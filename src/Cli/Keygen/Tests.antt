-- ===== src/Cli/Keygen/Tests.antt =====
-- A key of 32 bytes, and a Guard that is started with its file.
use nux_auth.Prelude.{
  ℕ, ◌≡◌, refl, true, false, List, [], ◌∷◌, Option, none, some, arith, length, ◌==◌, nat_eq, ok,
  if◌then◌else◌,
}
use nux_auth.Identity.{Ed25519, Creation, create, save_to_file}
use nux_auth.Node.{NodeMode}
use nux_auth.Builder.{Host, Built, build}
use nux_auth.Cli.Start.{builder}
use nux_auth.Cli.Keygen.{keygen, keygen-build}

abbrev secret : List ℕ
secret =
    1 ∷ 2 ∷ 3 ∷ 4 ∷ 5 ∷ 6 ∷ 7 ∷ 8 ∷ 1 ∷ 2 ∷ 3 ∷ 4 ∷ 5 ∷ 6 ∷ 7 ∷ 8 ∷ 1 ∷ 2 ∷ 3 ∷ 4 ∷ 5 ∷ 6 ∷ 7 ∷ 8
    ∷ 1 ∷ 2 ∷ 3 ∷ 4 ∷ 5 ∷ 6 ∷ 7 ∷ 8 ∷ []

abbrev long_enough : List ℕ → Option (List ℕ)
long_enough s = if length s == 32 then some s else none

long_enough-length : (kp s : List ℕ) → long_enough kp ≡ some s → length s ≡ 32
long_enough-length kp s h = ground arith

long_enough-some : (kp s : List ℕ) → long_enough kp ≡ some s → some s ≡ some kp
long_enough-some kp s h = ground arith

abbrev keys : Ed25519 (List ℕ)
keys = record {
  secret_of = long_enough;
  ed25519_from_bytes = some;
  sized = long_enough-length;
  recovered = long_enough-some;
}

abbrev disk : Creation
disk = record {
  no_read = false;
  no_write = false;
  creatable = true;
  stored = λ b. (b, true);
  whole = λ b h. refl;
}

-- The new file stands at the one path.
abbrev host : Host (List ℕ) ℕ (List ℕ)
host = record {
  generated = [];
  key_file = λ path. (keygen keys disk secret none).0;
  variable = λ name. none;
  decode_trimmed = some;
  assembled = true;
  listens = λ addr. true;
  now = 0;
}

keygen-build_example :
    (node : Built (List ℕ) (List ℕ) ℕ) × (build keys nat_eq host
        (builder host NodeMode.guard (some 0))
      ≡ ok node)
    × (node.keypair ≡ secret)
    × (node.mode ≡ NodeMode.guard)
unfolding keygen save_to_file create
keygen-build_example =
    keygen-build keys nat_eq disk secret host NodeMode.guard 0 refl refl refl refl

·····

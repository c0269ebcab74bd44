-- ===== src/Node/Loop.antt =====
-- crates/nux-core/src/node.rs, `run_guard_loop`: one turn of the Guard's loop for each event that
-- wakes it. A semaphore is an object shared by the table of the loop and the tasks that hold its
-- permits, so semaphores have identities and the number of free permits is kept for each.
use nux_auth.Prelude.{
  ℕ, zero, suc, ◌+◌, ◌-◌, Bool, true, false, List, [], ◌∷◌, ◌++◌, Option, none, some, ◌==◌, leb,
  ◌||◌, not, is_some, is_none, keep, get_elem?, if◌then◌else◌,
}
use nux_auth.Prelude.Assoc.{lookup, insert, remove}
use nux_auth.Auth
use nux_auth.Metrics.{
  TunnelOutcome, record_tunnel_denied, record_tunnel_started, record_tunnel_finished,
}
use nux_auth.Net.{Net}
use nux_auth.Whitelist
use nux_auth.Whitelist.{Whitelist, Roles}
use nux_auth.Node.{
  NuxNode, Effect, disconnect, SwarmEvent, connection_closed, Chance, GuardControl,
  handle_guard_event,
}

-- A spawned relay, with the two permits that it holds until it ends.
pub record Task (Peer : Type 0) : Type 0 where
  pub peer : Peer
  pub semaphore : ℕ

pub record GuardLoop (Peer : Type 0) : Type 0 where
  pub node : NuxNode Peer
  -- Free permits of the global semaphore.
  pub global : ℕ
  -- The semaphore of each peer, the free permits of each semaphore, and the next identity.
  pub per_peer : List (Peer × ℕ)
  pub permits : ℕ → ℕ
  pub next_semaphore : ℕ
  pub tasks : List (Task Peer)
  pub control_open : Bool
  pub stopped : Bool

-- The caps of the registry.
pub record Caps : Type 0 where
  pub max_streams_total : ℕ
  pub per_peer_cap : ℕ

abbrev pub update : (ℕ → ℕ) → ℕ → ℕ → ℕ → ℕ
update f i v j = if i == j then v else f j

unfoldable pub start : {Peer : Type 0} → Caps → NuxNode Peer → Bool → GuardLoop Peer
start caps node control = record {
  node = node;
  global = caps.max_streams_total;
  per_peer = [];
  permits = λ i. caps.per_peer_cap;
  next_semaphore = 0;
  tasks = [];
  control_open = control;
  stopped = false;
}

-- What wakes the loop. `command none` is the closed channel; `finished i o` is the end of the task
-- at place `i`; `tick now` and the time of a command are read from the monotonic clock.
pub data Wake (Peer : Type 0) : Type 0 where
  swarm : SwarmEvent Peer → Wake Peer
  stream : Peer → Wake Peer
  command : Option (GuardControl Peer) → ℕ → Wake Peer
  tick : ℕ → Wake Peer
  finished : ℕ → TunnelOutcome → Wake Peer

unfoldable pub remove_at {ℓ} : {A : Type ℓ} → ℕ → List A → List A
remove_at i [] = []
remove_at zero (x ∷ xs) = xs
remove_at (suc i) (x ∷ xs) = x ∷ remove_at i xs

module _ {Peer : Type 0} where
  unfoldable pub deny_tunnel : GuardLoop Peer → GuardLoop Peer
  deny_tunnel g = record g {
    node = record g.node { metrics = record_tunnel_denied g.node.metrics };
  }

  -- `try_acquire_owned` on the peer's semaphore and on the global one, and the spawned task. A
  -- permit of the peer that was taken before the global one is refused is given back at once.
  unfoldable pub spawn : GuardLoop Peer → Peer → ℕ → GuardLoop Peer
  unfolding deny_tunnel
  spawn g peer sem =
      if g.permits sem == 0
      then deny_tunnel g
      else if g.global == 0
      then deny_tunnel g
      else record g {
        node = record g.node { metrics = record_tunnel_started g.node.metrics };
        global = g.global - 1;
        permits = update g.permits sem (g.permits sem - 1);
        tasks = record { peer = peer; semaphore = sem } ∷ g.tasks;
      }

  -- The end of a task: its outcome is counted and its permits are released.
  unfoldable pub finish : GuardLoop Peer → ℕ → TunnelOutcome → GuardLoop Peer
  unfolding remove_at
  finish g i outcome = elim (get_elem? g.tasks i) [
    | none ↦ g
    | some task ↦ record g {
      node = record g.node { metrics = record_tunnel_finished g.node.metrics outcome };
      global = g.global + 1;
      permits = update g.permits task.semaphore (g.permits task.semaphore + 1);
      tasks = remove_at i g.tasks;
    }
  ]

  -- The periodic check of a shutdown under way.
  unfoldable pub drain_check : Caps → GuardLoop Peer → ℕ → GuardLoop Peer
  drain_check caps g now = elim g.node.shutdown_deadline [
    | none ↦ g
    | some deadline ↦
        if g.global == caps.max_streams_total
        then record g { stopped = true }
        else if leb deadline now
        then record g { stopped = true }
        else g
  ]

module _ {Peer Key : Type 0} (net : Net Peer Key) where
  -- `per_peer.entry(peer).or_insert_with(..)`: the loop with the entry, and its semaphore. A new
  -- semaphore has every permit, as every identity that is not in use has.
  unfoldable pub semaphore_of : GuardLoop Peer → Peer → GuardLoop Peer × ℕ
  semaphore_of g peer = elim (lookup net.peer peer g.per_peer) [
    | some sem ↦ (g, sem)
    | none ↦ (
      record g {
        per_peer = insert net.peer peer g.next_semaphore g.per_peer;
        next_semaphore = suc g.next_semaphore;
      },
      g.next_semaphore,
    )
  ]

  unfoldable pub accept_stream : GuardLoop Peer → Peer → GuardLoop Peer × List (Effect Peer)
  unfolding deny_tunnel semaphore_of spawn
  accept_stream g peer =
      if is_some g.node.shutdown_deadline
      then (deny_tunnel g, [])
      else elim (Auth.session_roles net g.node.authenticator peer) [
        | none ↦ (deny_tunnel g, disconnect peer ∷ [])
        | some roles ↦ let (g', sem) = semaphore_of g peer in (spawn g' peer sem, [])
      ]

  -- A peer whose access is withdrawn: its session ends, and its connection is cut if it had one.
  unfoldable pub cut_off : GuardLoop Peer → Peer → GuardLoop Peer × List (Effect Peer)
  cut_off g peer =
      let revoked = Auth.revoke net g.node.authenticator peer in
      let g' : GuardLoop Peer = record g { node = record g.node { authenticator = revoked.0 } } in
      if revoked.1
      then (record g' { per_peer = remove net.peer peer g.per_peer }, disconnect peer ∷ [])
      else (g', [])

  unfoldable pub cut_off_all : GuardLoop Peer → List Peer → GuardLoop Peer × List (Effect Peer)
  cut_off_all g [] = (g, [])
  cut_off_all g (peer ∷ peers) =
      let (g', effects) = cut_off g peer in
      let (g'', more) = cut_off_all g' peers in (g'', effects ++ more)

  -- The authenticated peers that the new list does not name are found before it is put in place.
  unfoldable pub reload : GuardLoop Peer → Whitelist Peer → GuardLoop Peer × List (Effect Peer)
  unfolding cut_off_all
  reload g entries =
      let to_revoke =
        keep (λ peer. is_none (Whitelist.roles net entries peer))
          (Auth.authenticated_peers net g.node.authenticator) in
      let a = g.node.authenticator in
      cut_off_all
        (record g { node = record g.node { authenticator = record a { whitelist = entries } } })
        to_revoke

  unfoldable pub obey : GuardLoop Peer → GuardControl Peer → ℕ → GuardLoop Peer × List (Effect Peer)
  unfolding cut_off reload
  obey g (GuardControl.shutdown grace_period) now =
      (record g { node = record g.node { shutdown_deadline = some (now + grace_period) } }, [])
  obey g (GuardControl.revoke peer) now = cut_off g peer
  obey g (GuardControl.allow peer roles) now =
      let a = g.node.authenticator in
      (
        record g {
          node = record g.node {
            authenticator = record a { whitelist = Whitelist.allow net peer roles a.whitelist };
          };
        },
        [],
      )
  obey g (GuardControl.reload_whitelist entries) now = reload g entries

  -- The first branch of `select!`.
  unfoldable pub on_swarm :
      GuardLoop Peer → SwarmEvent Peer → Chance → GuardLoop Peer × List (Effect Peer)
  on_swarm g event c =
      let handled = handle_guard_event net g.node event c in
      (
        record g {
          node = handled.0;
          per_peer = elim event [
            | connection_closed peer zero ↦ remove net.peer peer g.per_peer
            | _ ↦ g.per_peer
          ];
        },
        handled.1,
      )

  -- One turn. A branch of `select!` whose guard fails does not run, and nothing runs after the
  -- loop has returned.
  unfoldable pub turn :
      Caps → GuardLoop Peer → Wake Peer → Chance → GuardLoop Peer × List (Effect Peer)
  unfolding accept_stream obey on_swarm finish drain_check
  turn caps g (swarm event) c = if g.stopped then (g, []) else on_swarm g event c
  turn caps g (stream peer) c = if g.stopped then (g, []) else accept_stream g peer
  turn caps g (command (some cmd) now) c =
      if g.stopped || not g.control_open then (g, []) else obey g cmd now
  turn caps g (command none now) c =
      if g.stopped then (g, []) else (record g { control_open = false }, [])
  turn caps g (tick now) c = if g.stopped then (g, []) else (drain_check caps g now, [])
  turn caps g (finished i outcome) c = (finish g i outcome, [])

·····

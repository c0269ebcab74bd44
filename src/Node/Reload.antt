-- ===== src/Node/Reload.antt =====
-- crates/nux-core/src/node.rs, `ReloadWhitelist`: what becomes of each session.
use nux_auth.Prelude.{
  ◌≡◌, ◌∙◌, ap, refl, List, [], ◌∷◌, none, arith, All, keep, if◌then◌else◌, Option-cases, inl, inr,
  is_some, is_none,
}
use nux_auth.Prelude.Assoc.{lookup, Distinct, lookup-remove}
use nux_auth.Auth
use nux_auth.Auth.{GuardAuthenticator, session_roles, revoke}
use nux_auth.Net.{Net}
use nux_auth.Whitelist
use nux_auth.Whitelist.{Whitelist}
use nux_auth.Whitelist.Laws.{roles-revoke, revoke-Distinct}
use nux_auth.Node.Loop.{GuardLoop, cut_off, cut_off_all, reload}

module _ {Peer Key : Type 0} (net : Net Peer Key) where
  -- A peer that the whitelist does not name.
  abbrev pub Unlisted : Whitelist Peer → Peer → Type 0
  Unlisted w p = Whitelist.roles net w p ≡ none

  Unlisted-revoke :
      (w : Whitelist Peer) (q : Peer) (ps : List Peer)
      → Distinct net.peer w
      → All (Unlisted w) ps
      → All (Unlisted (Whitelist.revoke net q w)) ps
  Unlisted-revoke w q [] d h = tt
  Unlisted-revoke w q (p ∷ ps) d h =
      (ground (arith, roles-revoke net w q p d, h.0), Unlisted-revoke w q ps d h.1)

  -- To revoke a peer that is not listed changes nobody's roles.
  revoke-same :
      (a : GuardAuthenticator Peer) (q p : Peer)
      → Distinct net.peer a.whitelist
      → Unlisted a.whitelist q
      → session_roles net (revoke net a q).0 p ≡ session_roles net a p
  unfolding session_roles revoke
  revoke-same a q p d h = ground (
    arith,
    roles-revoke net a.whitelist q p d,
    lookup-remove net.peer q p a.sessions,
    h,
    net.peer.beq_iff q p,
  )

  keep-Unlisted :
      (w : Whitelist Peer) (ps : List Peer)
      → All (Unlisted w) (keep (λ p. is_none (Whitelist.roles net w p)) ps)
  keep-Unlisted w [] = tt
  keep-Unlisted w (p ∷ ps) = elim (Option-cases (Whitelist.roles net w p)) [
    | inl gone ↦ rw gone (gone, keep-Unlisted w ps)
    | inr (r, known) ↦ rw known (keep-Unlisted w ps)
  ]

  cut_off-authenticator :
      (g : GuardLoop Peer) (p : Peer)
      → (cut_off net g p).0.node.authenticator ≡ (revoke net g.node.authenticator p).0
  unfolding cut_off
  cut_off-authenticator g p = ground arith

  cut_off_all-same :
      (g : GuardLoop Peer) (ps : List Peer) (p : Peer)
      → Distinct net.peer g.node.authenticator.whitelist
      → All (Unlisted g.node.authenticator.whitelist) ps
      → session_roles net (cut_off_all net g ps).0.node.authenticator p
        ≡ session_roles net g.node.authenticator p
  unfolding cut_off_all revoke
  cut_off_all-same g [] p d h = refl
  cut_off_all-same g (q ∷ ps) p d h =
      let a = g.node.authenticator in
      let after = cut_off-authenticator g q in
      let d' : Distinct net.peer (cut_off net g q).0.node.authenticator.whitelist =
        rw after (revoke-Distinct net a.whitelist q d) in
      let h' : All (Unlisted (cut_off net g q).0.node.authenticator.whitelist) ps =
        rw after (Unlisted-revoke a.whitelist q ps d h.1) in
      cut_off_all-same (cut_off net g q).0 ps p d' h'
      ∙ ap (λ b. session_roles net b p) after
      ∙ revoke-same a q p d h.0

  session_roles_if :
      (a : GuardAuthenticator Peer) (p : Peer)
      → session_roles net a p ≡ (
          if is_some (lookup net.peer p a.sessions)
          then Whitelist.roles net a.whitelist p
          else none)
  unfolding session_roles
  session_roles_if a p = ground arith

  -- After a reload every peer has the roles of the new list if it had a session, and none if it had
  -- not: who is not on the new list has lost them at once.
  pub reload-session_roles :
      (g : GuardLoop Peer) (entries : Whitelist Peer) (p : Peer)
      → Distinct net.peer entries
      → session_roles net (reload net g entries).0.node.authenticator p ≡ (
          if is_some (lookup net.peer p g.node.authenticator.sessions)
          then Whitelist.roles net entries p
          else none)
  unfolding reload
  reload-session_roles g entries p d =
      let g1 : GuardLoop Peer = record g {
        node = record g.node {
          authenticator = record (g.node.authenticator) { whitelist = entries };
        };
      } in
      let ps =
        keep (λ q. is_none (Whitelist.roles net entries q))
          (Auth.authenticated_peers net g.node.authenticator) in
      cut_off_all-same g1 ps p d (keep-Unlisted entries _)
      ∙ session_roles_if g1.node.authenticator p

·····

#### WHAT TO WORK ON
Output, from the data above, the lines from the line with "recovered = long_enough-some;" to the line with "(builder host NodeMode.guard" exactly as they stand, both ends included and nothing else.

#### TASK RESPONSE
  recovered = long_enough-some;
}

abbrev disk : Creation
disk = record {
  no_read = false;
  no_write = false;
  creatable = true;
  stored = λ b. (b, true);
  whole = λ b h. refl;
}

-- The new file stands at the one path.
abbrev host : Host (List ℕ) ℕ (List ℕ)
host = record {
  generated = [];
  key_file = λ path. (keygen keys disk secret none).0;
  variable = λ name. none;
  decode_trimmed = some;
  assembled = true;
  listens = λ addr. true;
  now = 0;
}

keygen-build_example :
    (node : Built (List ℕ) (List ℕ) ℕ) × (build keys nat_eq host
        (builder host NodeMode.guard (some 0))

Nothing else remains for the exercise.